Re: What is the future of supercolumns ?

Posted by Aklin_81 <as...@gmail.com>.
Hmm .. it would be great if the supercolumns API remains. Also I
believe we can replace the full functionality of supercolumns through
composite column names in case this issue (related to reading multiple
column ranges) is
resolved:https://issues.apache.org/jira/browse/CASSANDRA-2710


On Sun, Jan 8, 2012 at 5:45 AM, Brandon Williams <dr...@gmail.com> wrote:
> On Sat, Jan 7, 2012 at 5:42 PM, Rustam Aliyev <ru...@code.az> wrote:
>>> My suggestion is simple: don't use any deprecated stuff out there. In
>>> practically any case there is a good reason why it's deprecated.
>>
>>
>> SuperColumns are not deprecated.
>
> The supercolumn API will remain:
> https://issues.apache.org/jira/browse/CASSANDRA-3237
>
> -Brandon

Re: What is the future of supercolumns ?

Posted by Brandon Williams <dr...@gmail.com>.
On Sat, Jan 7, 2012 at 5:42 PM, Rustam Aliyev <ru...@code.az> wrote:
>> My suggestion is simple: don't use any deprecated stuff out there. In
>> practically any case there is a good reason why it's deprecated.
>
>
> SuperColumns are not deprecated.

The supercolumn API will remain:
https://issues.apache.org/jira/browse/CASSANDRA-3237

-Brandon

Re: What is the future of supercolumns ?

Posted by Rustam Aliyev <ru...@code.az>.
> My suggestion is simple: don't use any deprecated stuff out there. In 
> practically any case there is a good reason why it's deprecated.

SuperColumns are not deprecated.

On Sat Jan  7 19:51:55 2012, R. Verlangen wrote:
> My suggestion is simple: don't use any deprecated stuff out there. In 
> practically any case there is a good reason why it's deprecated.
>
> I've seen a couple of composite-column vs supercolumn discussions in 
> the past weeks here: I think a little bit of searching will get you 
> around.
>
> Cheers
>
> 2012/1/7 Aklin_81 <asdkl93@gmail.com <ma...@gmail.com>>
>
>     I read entire columns inside the supercolumns at any time but as for
>     writing them, I write the columns at different times. I don't have the
>     need to update them except that die after their TTL period of 60 days.
>     But since they are going to be deprecated, I don't know if it would be
>     really advisable to use them right now.
>
>     I believe if it was possible to do wildchard querying for a list of
>     column names then the supercolumns use cases may be easily replaced by
>     normal columns.

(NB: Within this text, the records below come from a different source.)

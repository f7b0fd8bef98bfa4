-- ===== src/Reconcile/Unemitted.antt =====
-- _detect_unemitted_knowledge (hermes_flight_recorder/collector/reconcile.py): the versions that the
-- store has and no event announced.
use hermes_flight_recorder.Base.{
  leb, if◌then◌else◌, ℤ, pos, lt_int, str_nat, ℕ, ◌+◌, String, Bool, true, ◌&&◌, not, Option, List,
  [], ◌∷◌,
}
use Prim.Native.String.{◌++◌ as text_append}
use hermes_flight_recorder.Value.{text, integer, end, field}
use hermes_flight_recorder.Result.{Result, ok, err}
use hermes_flight_recorder.Exec.{Exec}
use hermes_flight_recorder.Outbox.State.{Outbox, get_meta}
use hermes_flight_recorder.Outbox.Append.Records.{Call, Scan}
use hermes_flight_recorder.Sync.Deliver.{int_or_zero}
use hermes_flight_recorder.Capture.{Collector, no_links}
use hermes_flight_recorder.Knowledge.{
  Knowledge, KnowledgeVersion, knowledge_artifact_ids, knowledge_versions,
}
use hermes_flight_recorder.Reconcile.{ReconcilePass, Finding, emit_finding}

-- int(outbox.get_meta(f"knowledge:emitted:{artifact_id}") or 0)
pub last_emitted : Outbox → String → Result ℤ
last_emitted o id = int_or_zero (get_meta (text_append "knowledge:emitted:" id) o)

-- The two tests on a version
pub is_unemitted : ReconcilePass → ℤ → KnowledgeVersion → Bool
is_unemitted ctx emitted v =
    lt_int emitted (pos v.seq)
    && not (leb ctx.when (v.occurred_at + ctx.config.knowledge_drift_grace))

pub version_text : KnowledgeVersion → String
version_text v = text_append v.artifact_id (text_append ":v" (str_nat v.seq))

pub unemitted_finding : ReconcilePass → KnowledgeVersion → Finding
unfolding version_text
unemitted_finding ctx v = record {
  event_type = "reconcile.gap_detected";
  occurred_at = ctx.when;
  correlation_id = text_append "knowledge:" v.artifact_id;
  payload = field "gap_kind" (text "unemitted_knowledge") (
      field "subject_type" (text "knowledge_version") (
        field "subject_id" (text (version_text v)) (
          field "source_table" (text "store:knowledge_version")
            (field "origin" (text v.origin) (field "version_seq" (integer (pos v.seq)) end)))));
  dedup_key = text_append "reconcile:knowledge_unemitted:" (version_text v);
  links = no_links;
  partial = true;
}

module _ (calls : ℕ → Call) (scans : ℕ → Scan) (capture_horizon : Option ℕ)
    (ctx : ReconcilePass) where
  -- The loop over the versions of an artifact
  pub emit_unemitted : ℤ → List KnowledgeVersion → Exec Collector Unit
  emit_unemitted emitted [] c = (ok tt, c)
  emit_unemitted emitted (v ∷ vs) c =
      let (answer, c') = emit_finding calls scans capture_horizon (unemitted_finding ctx v) c in
      let found : Result Unit × Collector = elim answer [
        | err e ↦ (err e, c')
        | ok _ ↦ emit_unemitted emitted vs c'
      ] in
      let passed = emit_unemitted emitted vs c in
      if is_unemitted ctx emitted v then found else passed

  -- The loop over the artifacts
  pub emit_artifacts : Knowledge → List String → Exec Collector Unit
  emit_artifacts k [] c = (ok tt, c)
  emit_artifacts k (id ∷ ids) c = elim (last_emitted c.process.outbox id) [
    | err e ↦ (err e, c)
    | ok emitted ↦
        let (answer, c') = emit_unemitted emitted (knowledge_versions id k) c in
        elim answer [ err e ↦ (err e, c') | ok _ ↦ emit_artifacts k ids c' ]
  ]

  -- _detect_unemitted_knowledge(ctx)
  unfoldable pub detect_unemitted_knowledge : Knowledge → Exec Collector Unit
  unfolding emit_artifacts emit_unemitted unemitted_finding is_unemitted last_emitted
  detect_unemitted_knowledge k = emit_artifacts k (knowledge_artifact_ids k)
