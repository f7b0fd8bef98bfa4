-- ===== src/Retention.antt =====
-- Retention (collector/retention.py). The text of a float and its parsing are the parameters
-- `show` (repr) and `read` (float), times are microseconds, and the sizes of the database are
-- `storage`, as in Outbox.Prune.
pub mod Safety
pub mod Rate
pub mod Invariant
use hermes_flight_recorder.Base.{
  ltb, leb, eqb, if◌then◌else◌, ltb→lt, lt→ltb, le→ltb, leb→le, Bool-cases, Option-cases, length,
  take, drop, concat, All, any, keep, length-append, take-append-drop, length-take-le, All-append,
  All-left, All-right, All-map, All-apply, keep-true, keep-false, cons-injective, ℤ, pos, negsuc,
  pos_part, neg_part, ◌+ℤ◌, ◌-ℤ◌, ◌≤ℤ◌, ◌<ℤ◌, le_int, lt_int, eq_int, max_int, eq_of_parts,
  <ℤ_trans, str_nat, int_nat, int_nat-str_nat, str_int, int_text, int_text-str_int, ℕ, zero, suc,
  ◌+◌, ◌-◌, ◌*◌, ◌/◌, ◌%◌, ◌^◌, ◌≤◌, ◌<◌, compare, Ordering, min, max, Char, code, String, ◌≡◌,
  refl, sym, ap, ◌∙◌, subst, fun_ext, ◌≢◌, ◌↔◌, ◌⊎◌, inl, inr, Bool, true, false, ◌&&◌, ◌||◌, not,
  Option, none, some, List, [], ◌∷◌, ◌++◌, map, append-nil, append_assoc, arith, ◌==◌, eq_iff,
  eq_refl,
}
use hermes_flight_recorder.Result.{
  Result, ok, err, ◌>>=◌, ◌>>◌, require, retention_error, value_error,
}
use hermes_flight_recorder.Exec.{Exec}
use hermes_flight_recorder.Outbox.State.{Outbox, get_meta, set_meta}
use hermes_flight_recorder.Outbox.Prune.{Storage, PruneResult, prune_delivered}
use hermes_flight_recorder.Sync.Deliver.{delivery_cursor}

pub record RetentionConfig : Type 0 where
  pub enabled : Bool
  pub max_age_days : Option ℕ
  pub max_bytes : Option ℕ
  pub require_delivered : Bool
  pub vacuum : String

abbrev pub microseconds_of_day : ℕ
microseconds_of_day = 86400000000

abbrev pub last_auto_prune_key : String
last_auto_prune_key = "retention:last_auto_prune_at"

abbrev pub cutoff_of : Option ℕ → ℕ → Option ℤ
cutoff_of none now = none
cutoff_of (some days) now = some (pos now -ℤ pos (days * microseconds_of_day))

-- except Exception as exc: raise RetentionError
pub as_retention_error : Result PruneResult × Outbox → Result (Option PruneResult) × Outbox
as_retention_error (ok result, o) = (ok (some result), o)
as_retention_error (err e, o) = (err retention_error, o)

pub try_prune : Storage → RetentionConfig → ℕ → Exec Outbox PruneResult
try_prune storage config now o = elim (delivery_cursor o) [
  | err e ↦ (err e, o)
  | ok cursor ↦
      prune_delivered storage cursor (cutoff_of config.max_age_days now) config.max_bytes true o
]

-- prune(outbox, config, now=...)
unfoldable pub prune : Storage → RetentionConfig → ℕ → Exec Outbox (Option PruneResult)
unfolding as_retention_error try_prune
prune storage config now o =
    if not config.enabled
    then (ok none, o)
    else if not (config.require_delivered && config.vacuum == "auto")
    then (err retention_error, o)
    else as_retention_error (try_prune storage config now o)

-- outbox.set_meta(...) after a prune that returned
pub note_run : String → Result (Option PruneResult) × Outbox → Result (Option PruneResult) × Outbox
note_run now_text (ok result, o) = (ok result, set_meta last_auto_prune_key now_text o)
note_run now_text (err e, o) = (err e, o)

module _ (show : ℕ → String) (read : String → Option ℕ) where
  -- float(raw_last_run), None where there is no value or it is not a number
  pub last_run : Outbox → Option ℕ
  last_run o = elim (get_meta last_auto_prune_key o) [ none ↦ none | some raw ↦ read raw ]

  pub is_recent : Option ℕ → ℕ → ℕ → Bool
  is_recent none interval now = false
  is_recent (some last) interval now = ltb now (last + interval)

  -- maybe_prune(outbox, config, now=..., interval_seconds=...)
  unfoldable pub maybe_prune : Storage → RetentionConfig → ℕ → ℕ → Exec Outbox (Option PruneResult)
  unfolding last_run is_recent note_run get_meta set_meta
  maybe_prune storage config interval now o =
      if not config.enabled
      then (ok none, o)
      else if eqb interval 0
      then (err value_error, o)
      else if is_recent (last_run o) interval now
      then (ok none, o)
      else note_run (show now) (prune storage config now o)
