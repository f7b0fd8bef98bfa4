-- ===== src/Retention/Invariant.antt =====
-- What every prune and every meta value keeps, automatic retention keeps.
use hermes_flight_recorder.Base.{
  eqb, Bool-cases, ℤ, ℕ, String, ◌≡◌, inl, inr, true, ◌&&◌, not, Option, ◌==◌,
}
use hermes_flight_recorder.Result.{Result, ok, err}
use hermes_flight_recorder.Outbox.State.{Outbox, set_meta}
use hermes_flight_recorder.Outbox.Prune.{Storage, PruneResult, prune_delivered}
use hermes_flight_recorder.Sync.Deliver.{delivery_cursor}
use hermes_flight_recorder.Retention.{
  RetentionConfig, cutoff_of, as_retention_error, try_prune, prune, note_run, last_run, is_recent,
  last_auto_prune_key, maybe_prune,
}

module _ (I : Outbox → Type 0) (storage : Storage) (config : RetentionConfig) (now : ℕ) (c : ℤ)
    (o : Outbox) (cursor : delivery_cursor o ≡ ok c) (before : I o)
    (pruned : I
      (prune_delivered storage c (cutoff_of config.max_age_days now) config.max_bytes true o).1)
    (noted : (value : String) (o' : Outbox)
      → I o'
      → I (set_meta last_auto_prune_key value o')) where
  raised-keeps : (x : Result PruneResult × Outbox) → I x.1 → I (as_retention_error x).1
  unfolding as_retention_error
  raised-keeps (ok r, o') h = h
  raised-keeps (err e, o') h = h

  prune-keeps : I (prune storage config now o).1
  unfolding prune try_prune
  prune-keeps = elim (Bool-cases (not config.enabled)) [
    | inl f ↦ rw (f, prune) before
    | inr f ↦ elim (Bool-cases (not (config.require_delivered && config.vacuum == "auto"))) [
      | inl g ↦ rw (f, g, prune) before
      | inr g ↦
          rw (f, g, prune)
            (raised-keeps (try_prune storage config now o) (rw (cursor, try_prune) pruned))
    ]
  ]

  noted-keeps :
      (value : String) (x : Result (Option PruneResult) × Outbox) → I x.1 → I (note_run value x).1
  unfolding note_run
  noted-keeps value (ok r, o') h = noted value o' h
  noted-keeps value (err e, o') h = h

  pub maybe_prune-keeps :
      (show : ℕ → String) (read : String → Option ℕ) (interval : ℕ)
      → I (maybe_prune show read storage config interval now o).1
  unfolding maybe_prune
  maybe_prune-keeps show read interval = elim (Bool-cases (not config.enabled)) [
    | inl f ↦ rw (f, maybe_prune) before
    | inr f ↦ elim (Bool-cases (eqb interval 0)) [
      | inl g ↦ rw (f, g, maybe_prune) before
      | inr g ↦ elim (Bool-cases (is_recent show read (last_run show read o) interval now)) [
        | inl r ↦ rw (f, g, r, maybe_prune) before
        | inr r ↦
            rw (f, g, r, maybe_prune)
              (noted-keeps (show now) (prune storage config now o) prune-keeps)
      ]
    ]
  ]
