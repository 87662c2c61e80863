-- ===== src/Checks/Values.antt =====
-- The theorems on liveness, vectors and versions, at concrete values.
use gensimd.Common.{
  ℕ, ◌≡◌, refl, ◌↔◌, ◌<◌, ◌≤◌, ◌+◌, ◌%◌, List, [], ◌∷◌, none, some, ok, arith, zero, suc, true,
  false, get_or,
}
use gensimd.Common.Int.{negsuc}
use gensimd.Function.{SsaInstr, BasicBlock, Identifier, Function, ssa_value}
use gensimd.Liveness.{alive, alive_after, is_block_local}
use gensimd.Liveness.Uses.{alive_lem}
use gensimd.Types.{basic, int64, named}
use gensimd.Instr.Entry.{Instruction}
use gensimd.Instr.Forms.{i_pimul}
use gensimd.Packed.{get_simd_instr, simd_intrinsic_instr}
use gensimd.Packed.Table.{writes_right, simd_intrinsic_instr_lem}
use gensimd.Simd.{w8, add, sub}
use gensimd.Simd.Lanes.{Vector, sub-add}
use gensimd.Frame.{
  Layout, zero_ssa_locals, new_idents, local_idents_size, align_frame, params_size, ret_offset,
}
use gensimd.Frame.Stack.{new_idents_lem, ret_offset_lem}
use gensimd.Zero.{zero_memory}
use gensimd.Zero.Cover.{Zeroes, zero_memory_lem}
use gensimd.Text.{codes, split, atoi, after_prefix}
use gensimd.Version.{GoVersion, cmp_go_version, Earlier}
use gensimd.Version.Parse.{v160, go_version, later_than_1_6}
use gensimd.Version.Reading.{ReleaseOf, later_than_1_6_iff}
use gensimd.Checks.State.{state, r8 as sp}

abbrev load : SsaInstr
load = record { id = 1; operands = []; is_return = false }

abbrev use_t0 : SsaInstr
use_t0 = record {
  id = 2;
  operands = some record { value = 7; name = "t0" } ∷ none ∷ [];
  is_return = false;
}

abbrev block : BasicBlock
block = record { index = 0; instrs = load ∷ use_t0 ∷ [] }

-- The value of instruction `load`, which the instruction behind it uses.
abbrev t0 : Identifier
t0 = record {
  name = "t0";
  typ = basic int64;
  offset = negsuc 7;
  local = none;
  param = none;
  cnst = none;
  value = some 7;
  value_is_phi = false;
  spilling = false;
  ptr = none;
}

abbrev body : Function
body = record state { blocks = block ∷ [] }

alive_lem_example :
    (alive body t0 (some record { block = some block; instr = 2 }) ≡ ok true)
    × (alive_after body t0 (some record { block = some block; instr = 2 }) ≡ ok false)
unfolding is_block_local ssa_value
alive_lem_example =
    alive_lem body t0 record { block = some block; instr = 2 } block 7 (load ∷ []) [] use_t0 refl
      refl refl refl refl refl

abbrev bytes : ℕ → List ℕ
bytes a = a ∷ 255 ∷ []

bytes-Vector : Vector w8 2 (bytes 200)
bytes-Vector = record { lanes = refl; fits = fits }
  where
    fits : (i : ℕ) → i < 2 → get_or (bytes 200) i 0 < 256
    fits zero h = omega arith
    fits (suc zero) h = omega arith
    fits (suc (suc i)) h = absurd (omega arith)

sub-add_example : sub w8 2 (add w8 2 (bytes 200) (bytes 200)) (bytes 200) ≡ bytes 200
sub-add_example = sub-add w8 2 (bytes 200) (bytes 200) bytes-Vector bytes-Vector

later_than_1_6_iff_example :
    (later_than_1_6 (codes "go1.6.2") ≡ true)
    ↔ ((v : GoVersion) × ReleaseOf (codes "go1.6.2") v × Earlier v160 v)
later_than_1_6_iff_example = later_than_1_6_iff (codes "go1.6.2")

patched : later_than_1_6 (codes "go1.6.2") ≡ true
unfolding later_than_1_6 cmp_go_version go_version atoi split after_prefix
patched = refl

-- The first release of a series has no patch number.
first_of_series : later_than_1_6 (codes "go1.7") ≡ false
unfolding later_than_1_6 cmp_go_version go_version atoi split after_prefix
first_of_series = refl

simd_intrinsic_instr_lem_example :
    (instr : Instruction) × (simd_intrinsic_instr i_pimul (named "I16x8") ≡ ok instr)
    × (writes_right instr ≡ true)
unfolding get_simd_instr
simd_intrinsic_instr_lem_example = simd_intrinsic_instr_lem 4 "MulI16x8" "I16x8" i_pimul refl refl

abbrev int64_layout : Layout
int64_layout = record { size = 8; align = 8 }

abbrev int8_layout : Layout
int8_layout = record { size = 1; align = 1 }

-- An SSA local of one byte, and a value of eight.
new_idents_lem_example : (1 + 8 ≤ 9) × (1 ≤ 1) × (9 < align_frame 9)
unfolding zero_ssa_locals new_idents local_idents_size
new_idents_lem_example =
    new_idents_lem (record { heap = false; layout = int8_layout } ∷ []) (int64_layout ∷ [])
      (record { depth = 1; size = 1 } ∷ []) 0 1 record { depth = 1; size = 1 }
      record { depth = 9; size = 8 } (omega arith, tt) (omega arith, tt) refl (omega arith) refl
      refl

ret_offset_lem_example :
    (params_size (int8_layout ∷ []) ≤ ret_offset false int64_layout (int8_layout ∷ []))
    × (ret_offset false int64_layout (int8_layout ∷ []) < params_size (int8_layout ∷ []) + 8)
    × (ret_offset false int64_layout (int8_layout ∷ []) % 8 ≡ 0)
ret_offset_lem_example = ret_offset_lem false int64_layout (int8_layout ∷ [])

-- Six bytes are three words.
zero_memory_lem_example : Zeroes "t0" (negsuc 5) 6 sp (zero_memory "t0" (negsuc 5) 6 sp)
zero_memory_lem_example = zero_memory_lem "t0" (negsuc 5) 6 sp
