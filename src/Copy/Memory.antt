-- ===== src/Copy/Memory.antt =====
-- codegen/storage.go: copyMemMem and copySmallMemMem, copies between the memory of two identifiers.
use gensimd.Common.{ℕ, zero, suc, ◌+◌, ◌*◌, false, [], ◌++◌, none, some, ltb}
use gensimd.Common.Int.{pos, ◌+ℤ◌}
use gensimd.Reg.{data_reg, data_reg_size}
use gensimd.Types.Operand.{get_integer_op_data_type}
use gensimd.Load.{memory_optype}
use gensimd.Function.{Identifier, ident_size}
use gensimd.State.{Asm, M, pure, ◌>>=◌, ◌>>◌, lift, ice_when, slot, copy}
use gensimd.Storage.{addr_reg, fetch, get_ident, mov_reg_mem}
use gensimd.Emit.Move.{mov_mem_mem}
use gensimd.Alloc.{alloc_temp_reg, free_reg}
use gensimd.Copy.{chunk_width, chunk_count, uneven_size}

pub record Transfer : Type 0 where
  pub src_offset : ℕ
  pub dst_offset : ℕ
  pub size : ℕ

unfoldable pub copy_small_mem_mem : Transfer → ℕ → ℕ → ℕ → M Asm
unfolding addr_reg mov_mem_mem
copy_small_mem_mem chunk src dst tmp = do
  from ← get_ident src
  to ← get_ident dst
  to_size ← lift (ident_size to)
  ice_when (ltb to_size (chunk.dst_offset + chunk.size))
  from_size ← lift (ident_size from)
  ice_when (ltb from_size (chunk.src_offset + chunk.size))
  ice_when (ltb data_reg_size chunk.size)
  from_base ← lift (addr_reg from)
  to_base ← lift (addr_reg to)
  optype ← pure (get_integer_op_data_type false chunk.size)
  mov_mem_mem optype.op (Identifier.name from) (Identifier.offset from +ℤ pos chunk.src_offset)
      (copy from_base) (Identifier.name to) (Identifier.offset to +ℤ pos chunk.dst_offset)
      (copy to_base) chunk.size (slot tmp)

abbrev small_chunk : Transfer → ℕ → ℕ → Transfer
small_chunk chunk width i = record {
  src_offset = chunk.src_offset + i * width;
  dst_offset = chunk.dst_offset + i * width;
  size = width;
}

-- A chunk that no register caches goes by way of one.
unfoldable pub copy_uncached : Transfer → ℕ → ℕ → M Asm
unfolding alloc_temp_reg copy_small_mem_mem free_reg
copy_uncached chunk src dst = do
  found ← alloc_temp_reg data_reg chunk.size
  a ← copy_small_mem_mem chunk src dst found.1
  free_reg found.1
  pure (found.0 ++ a)

unfoldable pub copy_cached : Transfer → ℕ → ℕ → ℕ → M Asm
unfolding memory_optype addr_reg mov_reg_mem
copy_cached chunk src dst i = do
  from ← get_ident src
  to ← get_ident dst
  optype ← lift (memory_optype from)
  base ← lift (addr_reg to)
  mov_reg_mem optype (slot i) (Identifier.name to) (copy base)
      (Identifier.offset to +ℤ pos chunk.dst_offset)

-- The loop of `copyMemMem`, from chunk number `i` on.
unfoldable pub copy_chunks : Transfer → ℕ → ℕ → ℕ → ℕ → ℕ → M Asm
unfolding fetch copy_cached copy_uncached
copy_chunks chunk src dst width i zero = pure []
copy_chunks chunk src dst width i (suc n) = do
  found ← fetch src record { offset = chunk.src_offset + i * width; size = width }
  a ← elim found [
    | some r ↦ copy_cached (small_chunk chunk width i) src dst r
    | none ↦ copy_uncached (small_chunk chunk width i) src dst
  ]
  rest ← copy_chunks chunk src dst width (i + 1) n
  pure (a ++ rest)

unfoldable pub copy_mem_mem : ℕ → ℕ → Transfer → M Asm
unfolding chunk_width chunk_count copy_chunks
copy_mem_mem src dst chunk = do
  ice_when (uneven_size chunk.size)
  copy_chunks chunk src dst (chunk_width chunk.size) 0 (chunk_count chunk.size)
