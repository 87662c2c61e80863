-- ===== src/Emit.antt =====
-- codegen/instramd64.go: the functions that write assembly. A `*register` is a RegRef, a slot of
-- Function.registers or the copy that getRegister returns; `loc` is the instruction of the context.
pub mod Write
pub mod Move
pub mod Arith
pub mod Logic
pub mod Compare
pub mod Convert
pub mod Indirect
pub mod Cpu
pub mod Lines
pub mod Known
pub mod Word
pub mod Run
pub mod Compute
pub mod Sums
pub mod Bits
pub mod Order
pub mod DivideSteps
pub mod Divide
pub mod Quotient
pub mod Unsigned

Could it practically possible, in future ?
>
>     On Sat, Jan 7, 2012 at 8:05 AM, Terje Marthinussen
>     <tmarthinussen@gmail.com <ma...@gmail.com>> wrote:
>     > Please realize that I do not make any decisions here and I am
>     not part of the core Cassandra developer team.
>     >
>     > What has been said before is that they will most likely go away
>     and at least under the hood be replaced by composite columns.
>     >
>     > Jonathan have however stated that he would like the supercolumn
>     API/abstraction to remain at least for backwards compatibility.
>     >
>     > Please understand that under the hood, supercolumns are merely
>     groups of columns serialized as a single block of data.
>     >
>     >
>     > The fact that there is a specialized and hardcoded way to
>     serialize these column groups into supercolumns is a problem
>     however and they should probably go away to make space for a more
>     generic implementation allowing more flexible data structures and
>     less code specific for one special data structure.
>     >
>     > Today there are tons of extra code to deal with the slight
>     difference in serialization and features of supercolumns vs
>     columns and hopefully most of that could go away if things got
>     structured a bit different.
>     >
>     > I also hope that we keep APIs to allow simple access to groups
>     of key/value pairs to simplify application logic as working with
>     just columns can add a lot of application code which should not be
>     needed.
>     >
>     > If you almost always need all or mostly all of the columns in a
>     supercolumn, and you normally update all of them at the same time,
>     they will most likely be faster than normal columns.
>     >
>     > Processing wise, you will actually do a bit more work on
>     serialization/deserialization of SC's but the I/O part will
>     usually be better grouped/require less operations.
>     >
>     > I think we did some benchmarks on some heavy use cases with ~30
>     small columns per SC some time back and I think we ended up with
>      SCs being 10-20% faster.
>     >
>     >
>     > Terje
>     >
>     > On Jan 5, 2012, at 2:37 PM, Aklin_81 wrote:
>     >
>     >> I have seen supercolumns usage been discouraged most of the times.
>     >> However sometimes the supercolumns seem to fit the scenario most
>     >> appropriately not only in terms of how the data is stored but
>     also in
>     >> terms of how is it retrieved. Some of the queries supported by
>     SCs are
>     >> uniquely capable of doing the task which no other alternative
>     schema
>     >> could do.(Like recently I asked about getting the equivalent of
>     >> retrieving a list of (full)supercolumns by name, through use of
>     >> composite columns, unfortunately there was no way to do this
>     without
>     >> reading lots of extra columns).
>     >>
>     >> So I am really confused whether:
>     >>
>     >> 1. Should I really not use the supercolumns for any case at all,
>     >> however appropriate, or I just need to be just careful while
>     realizing
>     >> that supercolumns fit my use case appropriately or what!?
>     >>
>     >> 2. Are there any performance concerns with supercolumns even in the
>     >> cases where they are used most appropriately. Like when you need to
>     >> retrieve the entire supercolumns everytime & max. no of subcolumns
>     >> vary between 0-10.
>     >> (I don't write all the subcolumns inside supercolumn, at once
>     though!
>     >> Does this also matter?)
>     >>
>     >> 3. What is their future? Are they going to be deprecated or may be
>     >> enhanced later?
>     >
>
>

Re: What is the future of supercolumns ?

Posted by "R. Verlangen" <ro...@us2.nl>.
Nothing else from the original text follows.